Moving $\theta_1$ has the effect of changing the slope of the affine hypothesis function. This, by it's nature, is more pronounced when point $A$ moves to point $B$ than when $C$ moves to $D$ and this is precisely what is being captured by the $x_1$ term in $\theta_j + \alpha(y^{(i)}-h_\theta(x^{(i)}))x_1^{(i)}$. This is just the nature of adjusting the hypothesis function by pivoting on the $y$-axis. Further away $x$ values result in larger swings in the hypothesis function value as $\theta$ changes. No need to worry about the $x_0$ case as it's always $1$.

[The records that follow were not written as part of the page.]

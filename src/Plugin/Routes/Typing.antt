-- ===== src/Plugin/Routes/Typing.antt =====
-- What is typed, and what it does.
use rms_gate.Base.{
  String, ◌≡◌, refl, ◌∙◌, inl, inr, true, Option, none, some, List, [], ◌∷◌, Occurs, str_eq, lookup,
  Bool, codes,
}
use rms_gate.Float64.{Floats}
use rms_gate.Plugin.Commands.{
  cmd_delay, cmd_auto_shutdown, cmd_lb_status, cmd_lb_status_all, cmd_lb_disable, cmd_lb_enable,
}
use rms_gate.Plugin.Routes.{
  ArgumentType, string_argument, Handler, Args, Plugin, Shown, delay, auto_shutdown, help,
  lb_status, lb_status_all, lb_disable, lb_enable, lb_help, register_commands, cmd_help,
  cmd_lb_help, run, messages, status, lines,
}
use rms_gate.Plugin.Routes.Paths.{
  Part, Route, fits, all_paths, first_fit, separate, first_fit-separate,
}

-- The proxy's side of the command: the words that it takes for an argument of a type, the handler
-- for a text, and `ctx.String`.
pub record Parser : Type 0 where
  pub reads : ArgumentType → String → Bool
  pub dispatch : List String → Option (Handler × Args)
  pub string : Args → String → String

-- It runs the handler of the path that fits, and gives it the arguments of the path.
pub record Follows (parser : Parser) (rs : List Route) : Type 0 where
  pub finds :
      (ps : List Part) (h : Handler) (ts : List String) (args : Args)
      → Occurs (ps, h) rs
      → fits parser.reads ps ts ≡ some args
      → parser.dispatch ts ≡ some (h, args)
  pub gives : (args : Args) (n v : String) → lookup n args ≡ some v → parser.string args n ≡ v

-- The first path that fits, and the empty text for an argument that is missing.
abbrev pub first_path : (ArgumentType → String → Bool) → Parser
first_path reads = record {
  reads = reads;
  dispatch = first_fit reads (all_paths register_commands);
  string = λ args n. elim (lookup n args) [ none ↦ "" | some v ↦ v ];
}

registered : separate (all_paths register_commands) ≡ true
unfolding separate all_paths register_commands str_eq
registered = refl

-- No two paths fit the same text, so the first that fits is the one.
pub first_path-Follows :
    (reads : ArgumentType → String → Bool)
    → Follows (first_path reads) (all_paths register_commands)
first_path-Follows reads = record {
  finds = λ ps h ts args at e. first_fit-separate reads _ ps h ts args registered at e;
  gives = λ args n v e. rw (first_path, e) refl;
}

module _ (fl : Floats) {P : Type 0} where
  -- A text that is typed, split into words; `none` is one that fits no path.
  unfoldable pub typed : Parser → List String → Plugin fl P → Option (Plugin fl P × Shown fl.Float)
  unfolding run
  typed parser ts p = elim (parser.dispatch ts) [
    | none ↦ none
    | some (h, args) ↦ some (run fl parser.string h args p)
  ]

  runs :
      (parser : Parser) (ts : List String) (h : Handler) (args : Args) (p : Plugin fl P)
      → parser.dispatch ts ≡ some (h, args)
      → typed parser ts p ≡ some (run fl parser.string h args p)
  unfolding typed
  runs parser ts h args p e = rw (typed, e) refl

-- What each of the commands does to the plugin and shows, with the texts for its arguments.
pub record RunsAll (fl : Floats) {P : Type 0} (parser : Parser) (p : Plugin fl P)
    (server argument : String) : Type 0 where
  pub delays : typed fl parser ("dserver" ∷ "delay" ∷ server ∷ argument ∷ []) p ≡ (
      let r = cmd_delay p.dynamic_config p.now p.instant p.dynamic_server server (codes argument) in
      some (record p { dynamic_server = r.0 }, messages r.1))
  pub toggles : typed fl parser ("dserver" ∷ "autoshutdown" ∷ server ∷ argument ∷ []) p ≡ (
      let r = cmd_auto_shutdown p.dynamic_config p.dynamic_server server argument in
      some (record p { dynamic_server = r.0 }, messages r.1))
  pub helps : typed fl parser ("dserver" ∷ []) p ≡ (some (p, lines cmd_help))
  pub reports : typed fl parser ("lb" ∷ "status" ∷ server ∷ []) p ≡ (
      let r = cmd_lb_status fl p.history p.period p.load_balancer server in
      some (p, status r.0 r.1))
  pub reports_all :
      typed fl parser ("lb" ∷ "status" ∷ []) p
      ≡ (some (p, messages (cmd_lb_status_all p.load_balancer)))
  pub disables : typed fl parser ("lb" ∷ "disable" ∷ server ∷ argument ∷ []) p ≡ (
      let r = cmd_lb_disable p.load_balancer server argument in
      some (record p { load_balancer = r.0 }, messages r.1))
  pub enables : typed fl parser ("lb" ∷ "enable" ∷ server ∷ argument ∷ []) p ≡ (
      let r = cmd_lb_enable p.load_balancer server argument in
      some (record p { load_balancer = r.0 }, messages r.1))
  pub lb_helps : typed fl parser ("lb" ∷ []) p ≡ (some (p, lines cmd_lb_help))

-- A proxy that follows the registered trees runs the handler of what is typed, with the texts that
-- stand at its arguments, as long as it reads both as arguments of type brigodier.String; what it
-- returns for an argument that is missing does not matter.
pub typed_commands :
    (fl : Floats) {P : Type 0} (parser : Parser)
    → Follows parser (all_paths register_commands)
    → (p : Plugin fl P) (server argument : String) → parser.reads string_argument server ≡ true
    → parser.reads string_argument argument ≡ true
    → RunsAll fl parser p server argument
unfolding run all_paths register_commands fits str_eq lookup
typed_commands fl parser f p server argument reads_server reads_argument = record {
  delays =
      runs fl parser _ delay (("server", server) ∷ ("time", argument) ∷ []) p (
        f.finds _ delay ("dserver" ∷ "delay" ∷ server ∷ argument ∷ [])
          (("server", server) ∷ ("time", argument) ∷ []) (inl refl)
          (rw (reads_server, reads_argument) refl))
      ∙ rw
          (
            run,
            f.gives (("server", server) ∷ ("time", argument) ∷ []) "server" server refl,
            f.gives (("server", server) ∷ ("time", argument) ∷ []) "time" argument refl,
          )
          refl;
  toggles =
      runs fl parser _ auto_shutdown (("server", server) ∷ ("toggle", argument) ∷ []) p (
        f.finds _ auto_shutdown ("dserver" ∷ "autoshutdown" ∷ server ∷ argument ∷ [])
          (("server", server) ∷ ("toggle", argument) ∷ []) (inr (inl refl))
          (rw (reads_server, reads_argument) refl))
      ∙ rw
          (
            run,
            f.gives (("server", server) ∷ ("toggle", argument) ∷ []) "server" server refl,
            f.gives (("server", server) ∷ ("toggle", argument) ∷ []) "toggle" argument refl,
          )
          refl;
  helps =
      runs fl parser _ help ([]) p
        (f.finds _ help ("dserver" ∷ []) ([]) (inr (inr (inl refl))) refl);
  reports =
      runs fl parser _ lb_status (("server", server) ∷ []) p (
        f.finds _ lb_status ("lb" ∷ "status" ∷ server ∷ []) (("server", server) ∷ [])
          (inr (inr (inr (inl refl)))) (rw reads_server refl))
      ∙ rw (run, f.gives (("server", server) ∷ []) "server" server refl) refl;
  reports_all =
      runs fl parser _ lb_status_all ([]) p (
        f.finds _ lb_status_all ("lb" ∷ "status" ∷ []) ([]) (inr (inr (inr (inr (inl refl)))))
          refl);
  disables =
      runs fl parser _ lb_disable (("server", server) ∷ ("backend", argument) ∷ []) p (
        f.finds _ lb_disable ("lb" ∷ "disable" ∷ server ∷ argument ∷ [])
          (("server", server) ∷ ("backend", argument) ∷ []) (inr (inr (inr (inr (inr (inl refl))))))
          (rw (reads_server, reads_argument) refl))
      ∙ rw
          (
            run,
            f.gives (("server", server) ∷ ("backend", argument) ∷ []) "server" server refl,
            f.gives (("server", server) ∷ ("backend", argument) ∷ []) "backend" argument refl,
          )
          refl;
  enables =
      runs fl parser _ lb_enable (("server", server) ∷ ("backend", argument) ∷ []) p (
        f.finds _ lb_enable ("lb" ∷ "enable" ∷ server ∷ argument ∷ [])
          (("server", server) ∷ ("backend", argument) ∷ [])
          (inr (inr (inr (inr (inr (inr (inl refl))))))) (rw (reads_server, reads_argument) refl))
      ∙ rw
          (
            run,
            f.gives (("server", server) ∷ ("backend", argument) ∷ []) "server" server refl,
            f.gives (("server", server) ∷ ("backend", argument) ∷ []) "backend" argument refl,
          )
          refl;
  lb_helps = runs fl parser _ lb_help ([]) p (
      f.finds _ lb_help ("lb" ∷ []) ([]) (inr (inr (inr (inr (inr (inr (inr (inl refl)))))))) refl);
}
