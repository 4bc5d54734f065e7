-- ===== src/Plugin/Setup.antt =====
-- main.go, `init` and `convertLoadBalancerConfig`. A part that is switched off is `none`; `none`
-- around a result is a panic.
pub mod Running
use rms_gate.Base.{String, not, Option, none, some, List, [], ◌∷◌, map, if◌then◌else◌, ◌>>=◌}
use rms_gate.Config.{
  Config as FileConfig, BackendConfig as FileBackend, LoadBalancerConfig, LbServerConfig,
}
use rms_gate.LoadBalancer.Registry.{
  BackendConfig, ServerConfig, Config as LbConfig, LoadBalancer, Proxy, new_load_balancer, start,
}
use rms_gate.DynamicServer.{Config as DynamicConfig}
use rms_gate.Permission.{Manager as PermissionManager, new_manager}
use rms_gate.McsManager.{Config as McsConfig, new_client}

-- A list of pointers none of which is nil; following a nil pointer panics.
unfoldable pub all_set : {A : Type 0} → List (Option A) → Option (List A)
all_set [] = some []
all_set (x ∷ xs) = x >>= λ a. all_set xs >>= λ bs. some (a ∷ bs)

unfoldable pub convert_backend : FileBackend → BackendConfig
convert_backend b = record { config_addr = b.addr; config_max_connections = b.max_connections }

unfoldable pub convert_server : LbServerConfig → Option ServerConfig
unfolding all_set convert_backend
convert_server srv = all_set srv.backends >>= λ bs.
    some (record { strategy_name = srv.strategy; backend_configs = map convert_backend bs })

-- The loop of `convertLoadBalancerConfig`, in the order in which the map is walked.
unfoldable pub convert_servers :
    List (String × Option LbServerConfig) → Option (List (String × ServerConfig))
unfolding convert_server
convert_servers [] = some []
convert_servers ((name, srv) ∷ rest) =
    srv >>= λ s. convert_server s >>= λ c. convert_servers rest >>= λ cs. some ((name, c) ∷ cs)

unfoldable pub convert_load_balancer_config :
    {F : Type 0} → LoadBalancerConfig F → Option (LbConfig F)
unfolding convert_servers
convert_load_balancer_config cfg = convert_servers cfg.servers >>= λ servers.
    cfg.health_check >>= λ hc. some (record {
      enabled = cfg.enabled;
      checks = record {
        interval_seconds = hc.interval_seconds;
        window_size = hc.window_size;
        unhealthy_after_failures = hc.unhealthy_after_failures;
        healthy_after_successes = hc.healthy_after_successes;
        jitter_threshold = hc.jitter_threshold;
        dial_timeout_seconds = hc.dial_timeout_seconds;
      };
      server_configs = servers;
    })

-- The parts of `RMSWhitelist` that `init` starts.
pub record Parts (F P : Type 0) : Type 0 where
  pub mcs_client : Option McsConfig
  pub dynamic_server : Option DynamicConfig
  pub permission_manager : Option PermissionManager
  pub load_balancer : Option (LoadBalancer F P)

-- The parts of `init`, each by its section of the file.
module _ {F : Type 0} where
  unfoldable pub init_dynamic : FileConfig F → Option McsConfig × Option DynamicConfig
  init_dynamic cfg = elim cfg.mcs_manager [
    | none ↦ (none, none)
    | some m ↦ elim cfg.dynamic_server [
      | none ↦ (none, none)
      | some d ↦ (
        some (
            new_client
              (record { base_url = m.base_url; api_key = m.api_key; daemon_id = m.daemon_id })),
        some (record {
          server_uuid_map = d.server_uuid_map;
          auto_start_servers = d.auto_start_servers;
          startup_timeout_seconds = d.startup_timeout_seconds;
          poll_interval_seconds = d.poll_interval_seconds;
          connectivity_timeout_seconds = d.connectivity_timeout_seconds;
          idle_shutdown_seconds = d.idle_shutdown_seconds;
        }),
      )
    ]
  ]

  unfoldable pub init_permission : FileConfig F → Option PermissionManager
  init_permission cfg = elim cfg.permission [
    | none ↦ none
    | some p ↦
        if p.permission_enabled
        then some (new_manager p.cache_ttl_seconds p.admin_commands)
        else none
  ]

module _ {F P : Type 0} where
  -- `none` inside is a load balancer that is off, outside a panic.
  unfoldable pub init_load_balancer :
      (String → Option String) → Proxy P → P → FileConfig F → Option (Option (LoadBalancer F P))
  unfolding convert_load_balancer_config
  init_load_balancer resolve px proxy cfg = elim cfg.load_balancer [
    | none ↦ some none
    | some section ↦
        if not section.enabled
        then some none
        else (convert_load_balancer_config section >>= λ lb.
            start resolve px lb (new_load_balancer proxy lb) >>= λ running. some (some running))
  ]

  -- `init` without the subscriptions of the handlers and the commands, which keep no state here.
  unfoldable pub init : (String → Option String) → Proxy P → P → FileConfig F → Option (Parts F P)
  unfolding init_dynamic init_permission init_load_balancer
  init resolve px proxy cfg =
      let (client, dynamic) = init_dynamic cfg in
      init_load_balancer resolve px proxy cfg >>= λ lb. some (record {
        mcs_client = client;
        dynamic_server = dynamic;
        permission_manager = init_permission cfg;
        load_balancer = lb;
      })
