-- ===== src/Plugin/Setup/Running.antt =====
-- What runs after the start.
use rms_gate.Base.{
  String, ◌≡◌, refl, ap, ◌∙◌, inl, inr, true, Option, none, some, List, [], ◌∷◌, map, Option-cases,
  All, pos, ◌≤ℤ◌,
}
use rms_gate.Config.{
  BackendConfig as FileBackend, LbServerConfig, LoadBalancerConfig, HealthCheckConfig as FileChecks,
  Config as FileConfig,
}
use rms_gate.LoadBalancer.Registry.{
  ServerConfig, Config as LbConfig, Proxy, LoadBalancer, new_load_balancer, start, get_server,
}
use rms_gate.LoadBalancer.Registry.Registered.{Fits}
use rms_gate.LoadBalancer.Registry.Startup.{Serves, Takes, Distinct, Absent, start-Serves}
use rms_gate.LoadBalancer.Backend.{is_available}
use rms_gate.LoadBalancer.Server.{ServerInfo}
use rms_gate.LoadBalancer.Strategy.{get_strategy}
use rms_gate.Plugin.Setup.{
  all_set, convert_backend, convert_server, convert_servers, convert_load_balancer_config,
  init_load_balancer,
}

-- A server of the file without nil pointers, whose limits int32 holds.
abbrev pub Sound : String × Option LbServerConfig → Type 0
Sound (name, srv) =
    (s : LbServerConfig) × (bs : List FileBackend) × (srv ≡ some s)
    × (all_set s.backends ≡ some bs)
    × All (λ b. b.max_connections ≤ℤ pos 0x7fff_ffff) bs

-- The table has a server of the file as it is written there, ready to be chosen.
abbrev pub Shows : {F P : Type 0} → LoadBalancer F P → String × Option LbServerConfig → Type 0
Shows {F} lb (name, srv) =
    (s : LbServerConfig) × (bs : List FileBackend) × (info : ServerInfo F) × (srv ≡ some s)
    × (all_set s.backends ≡ some bs)
    × (get_server lb name ≡ some info)
    × (info.strategy ≡ get_strategy s.strategy)
    × (map (λ b. b.addr) info.backends ≡ map (λ b. b.addr) bs)
    × (map (λ b. b.max_connections) info.backends ≡ map (λ b. b.max_connections) bs)
    × All (λ b. is_available b ≡ true) info.backends

addrs-convert :
    (bs : List FileBackend)
    → map (λ c. c.config_addr) (map convert_backend bs) ≡ map (λ b. b.addr) bs
unfolding convert_backend
addrs-convert [] = refl
addrs-convert (b ∷ bs) = ap (◌∷◌ b.addr) (addrs-convert bs)

limits-convert :
    (bs : List FileBackend)
    → map (λ c. c.config_max_connections) (map convert_backend bs) ≡ map (λ b. b.max_connections) bs
unfolding convert_backend
limits-convert [] = refl
limits-convert (b ∷ bs) = ap (◌∷◌ b.max_connections) (limits-convert bs)

Fits-convert :
    (bs : List FileBackend)
    → All (λ b. b.max_connections ≤ℤ pos 0x7fff_ffff) bs
    → All Fits (map convert_backend bs)
unfolding convert_backend
Fits-convert [] h = tt
Fits-convert (b ∷ bs) (hb, h) = (hb, Fits-convert bs h)

converted :
    (F P : Type 0) (servers : List (String × Option LbServerConfig))
    → Distinct servers
    → All Sound servers
    → (cs : List (String × ServerConfig)) × (convert_servers servers ≡ some cs)
      × Distinct cs
      × All (λ e. All Fits e.1.backend_configs) cs
      × ((name : String) → Absent name servers → Absent name cs)
      × ((lb : LoadBalancer F P) → All (λ e. Serves lb e.0 e.1) cs → All (Shows lb) servers)
unfolding convert_servers convert_server
converted F P [] d h = ([], refl, tt, tt, (λ name a. tt), λ lb a. tt)
converted F P ((name, srv) ∷ rest) (absent, d) ((s, bs, e, q, fit), h) =
    let (cs, r, distinct, fits, names, shows) = converted F P rest d h in
    let c : ServerConfig = record {
      strategy_name = s.strategy;
      backend_configs = map convert_backend bs;
    } in
    (
      (name, c) ∷ cs,
      rw (e, convert_servers) (rw (q, convert_servers) (rw (r, convert_servers) refl)),
      (names name absent, distinct),
      (Fits-convert bs fit, fits),
      (λ n a. (a.0, names n a.1)),
      λ lb a.
          let ((info, there, strategy, ready), more) = a in
          (
            (
              s,
              bs,
              info,
              e,
              q,
              there,
              strategy,
              ready.addrs ∙ addrs-convert bs,
              ready.limits ∙ limits-convert bs,
              ready.available,
            ),
            shows lb more,
          ),
    )

abbrev config_of :
    {F : Type 0} → LoadBalancerConfig F → FileChecks F → List (String × ServerConfig) → LbConfig F
config_of section hc cs = record {
  enabled = section.enabled;
  checks = record {
    interval_seconds = hc.interval_seconds;
    window_size = hc.window_size;
    unhealthy_after_failures = hc.unhealthy_after_failures;
    healthy_after_successes = hc.healthy_after_successes;
    jitter_threshold = hc.jitter_threshold;
    dial_timeout_seconds = hc.dial_timeout_seconds;
  };
  server_configs = cs;
}

convert-some :
    {F : Type 0} (section : LoadBalancerConfig F) (hc : FileChecks F)
    (cs : List (String × ServerConfig))
    → convert_servers section.servers ≡ some cs
    → section.health_check ≡ some hc
    → convert_load_balancer_config section ≡ some (config_of section hc cs)
unfolding convert_load_balancer_config
convert-some section hc cs r checks =
    rw (r, convert_load_balancer_config) (rw (checks, convert_load_balancer_config) refl)

init-some :
    {F P : Type 0} (resolve : String → Option String) (px : Proxy P) (proxy : P)
    (cfg : FileConfig F) (section : LoadBalancerConfig F) (lb : LbConfig F)
    (running : LoadBalancer F P)
    → cfg.load_balancer ≡ some section
    → section.enabled ≡ true
    → convert_load_balancer_config section ≡ some lb
    → start resolve px lb (new_load_balancer proxy lb) ≡ some running
    → init_load_balancer resolve px proxy cfg ≡ some (some running)
unfolding init_load_balancer
init-some resolve px proxy cfg section lb running e on c q =
    rw (e, init_load_balancer) (rw c (rw q (rw on refl)))

-- From the file to the table: an enabled section with a health check and a window size that is not
-- negative, distinct names, no nil pointers and limits that fit int32 starts without a panic, and
-- with a proxy that takes every server each server of the file is in the table, with its strategy,
-- addresses and limits, every backend available.
pub init_load_balancer-Shows :
    {F P : Type 0} (resolve : String → Option String) (px : Proxy P) (proxy : P)
    (cfg : FileConfig F) (section : LoadBalancerConfig F) (hc : FileChecks F)
    → Takes px
    → cfg.load_balancer ≡ some section
    → section.enabled ≡ true
    → section.health_check ≡ some hc
    → pos 0 ≤ℤ hc.window_size
    → Distinct section.servers
    → All Sound section.servers
    → (lb : LoadBalancer F P) × (init_load_balancer resolve px proxy cfg ≡ some (some lb))
      × All (Shows lb) section.servers
init_load_balancer-Shows resolve px proxy cfg section hc takes e on checks size d h =
    let (cs, r, distinct, fits, _, shows) = converted _ _ section.servers d h in
    let lb = config_of section hc cs in
    let (running, started, all) = start-Serves resolve px proxy lb takes on distinct fits size in
    let done =
      init-some resolve px proxy cfg section lb running e on (convert-some section hc cs r checks)
        started in
    (running, done, shows running all)

-- An enabled section without a health check panics.
init_load_balancer-panics :
    {F P : Type 0} (resolve : String → Option String) (px : Proxy P) (proxy : P)
    (cfg : FileConfig F) (section : LoadBalancerConfig F)
    → cfg.load_balancer ≡ some section
    → section.enabled ≡ true
    → section.health_check ≡ none
    → init_load_balancer resolve px proxy cfg ≡ none
unfolding init_load_balancer convert_load_balancer_config
init_load_balancer-panics resolve px proxy cfg section e on missing =
    elim (Option-cases (convert_servers section.servers)) [
      | inl bad ↦ rw (e, on, bad, init_load_balancer) refl
      | inr (cs, good) ↦ rw (e, on, good, missing, init_load_balancer) refl
    ]
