-- ===== src/Plugin/Tests.antt =====
-- A configuration with one load-balanced server, services that answer, and what players type.
use rms_gate.Base.{
  ◌*◌, ◌≤◌, ◌<◌, ◌⊎◌, ◌%◌, ◌≢◌, ℕ, String, ◌≡◌, refl, ◌↔◌, true, none, some, List, [], ◌∷◌, arith,
  ◌==◌, if◌then◌else◌, length, All, pos, contains, remove_name, codes,
}
use rms_gate.Float64.Fixed.{fixed}
use rms_gate.Config.{
  Config as FileConfig, LbServerConfig, LoadBalancerConfig, default_config, default_health_check,
}
use rms_gate.LoadBalancer.Registry.{Proxy, LoadBalancer}
use rms_gate.Whitelist.{Service}
use rms_gate.DynamicServer.{Config as DynamicConfig}
use rms_gate.Plugin.Setup.{all_set, init_load_balancer}
use rms_gate.Plugin.Setup.Running.{Shows, init_load_balancer-Shows}
use rms_gate.Plugin.Durations.{parse_time_string, decimal, format_duration}
use rms_gate.Plugin.Durations.RoundTrip.{TimeUnit, hours, format-parse}
use rms_gate.Plugin.Handlers.{on_login}
use rms_gate.Plugin.Handlers.Admission.{Replies, on_login_iff}
mod Commands
mod Connections

abbrev px : Proxy (List String)
px = record {
  knows = λ p name. contains name p;
  unregister = λ p name. remove_name name p;
  register = λ p name. some (name ∷ p);
}

abbrev lobby : LbServerConfig
lobby = record {
  strategy = "round-robin";
  backends =
      some (record { addr = "10.0.0.7:25565"; max_connections = pos 2 })
      ∷ some (record { addr = "10.0.0.8:25565"; max_connections = pos 0 })
      ∷ [];
}

abbrev section : LoadBalancerConfig fixed.Float
section = record {
  enabled = true;
  health_check = some (default_health_check fixed);
  servers = ("lobby", some lobby) ∷ [];
}

abbrev file : FileConfig fixed.Float
file = record (default_config fixed) { load_balancer = some section }

init_load_balancer-Shows_example :
    (lb : LoadBalancer fixed.Float (List String)) × (init_load_balancer
        (λ a. some a)
        px
        ("lobby" ∷ [])
        file
      ≡ some (some lb))
    × All (Shows lb) section.servers
unfolding all_set
init_load_balancer-Shows_example =
    init_load_balancer-Shows (λ a. some a) px ("lobby" ∷ []) file section
      (default_health_check fixed) (λ p name. (name ∷ p, refl)) refl refl refl (omega arith)
      (tt, tt) ((lobby, _, refl, refl, (omega arith, (omega arith, tt))), tt)

abbrev broken : FileConfig fixed.Float
broken = record file { load_balancer = some (record section { health_check = none }) }

format-parse_example :
    (n c k : ℕ) × (word : List ℕ) × TimeUnit c k word
    × (n * k ≡ 5400)
    × (format_duration (pos 5400) ≡ decimal (pos n) word)
    × (parse_time_string (decimal (pos n) (c ∷ [])) ≡ some (pos 5400))
    × ((3600 ≤ k) ⊎ (5400 < 3600) ⊎ (5400 % 3600 ≢ 0))
format-parse_example = format-parse 5400 (omega arith) hours

-- A whitelist service that takes every request of some length.
abbrev whitelist : Service (List ℕ)
whitelist = record {
  encode = λ r. some (codes r.username);
  new_request = λ address body. some body;
  do_request = λ req timeout. if length req == 0 then none else some 200;
}

on_login_iff_example :
    (on_login whitelist file "steve" "0-1" ≡ none)
    ↔ Replies whitelist
        (codes file.api_url)
        file.timeout_seconds
        (record { username = "steve"; uuid = "0-1"; server_tier = file.server_tier })
        200
on_login_iff_example = on_login_iff whitelist file "steve" "0-1"

abbrev dynamic : DynamicConfig
dynamic = record {
  server_uuid_map = ("creative", "u-1") ∷ [];
  auto_start_servers = "creative" ∷ [];
  startup_timeout_seconds = pos 300;
  poll_interval_seconds = pos 5;
  connectivity_timeout_seconds = pos 30;
  idle_shutdown_seconds = pos 60;
}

Now, if we fix a training example $(x^{(i)}, y^{(i)})$ for some $i$ and (crudely) estimate the cost function to be $\hat{J}(\theta) = \frac{1}{2}(h_\theta(x^{(i)})-y^{(i)})^2$ (as is done in the Widrow–Hoff/LMS algorithm you provided), then the $x_j$ term comes out mathematically from the chain rule when differentiating $\hat{J}$ since:

$$\frac{\partial}{\partial{\theta_j}}(h_\theta(x^{(i)})-y^{(i)}) = x_j$$

which is capturing precisely the behaviour in the plot.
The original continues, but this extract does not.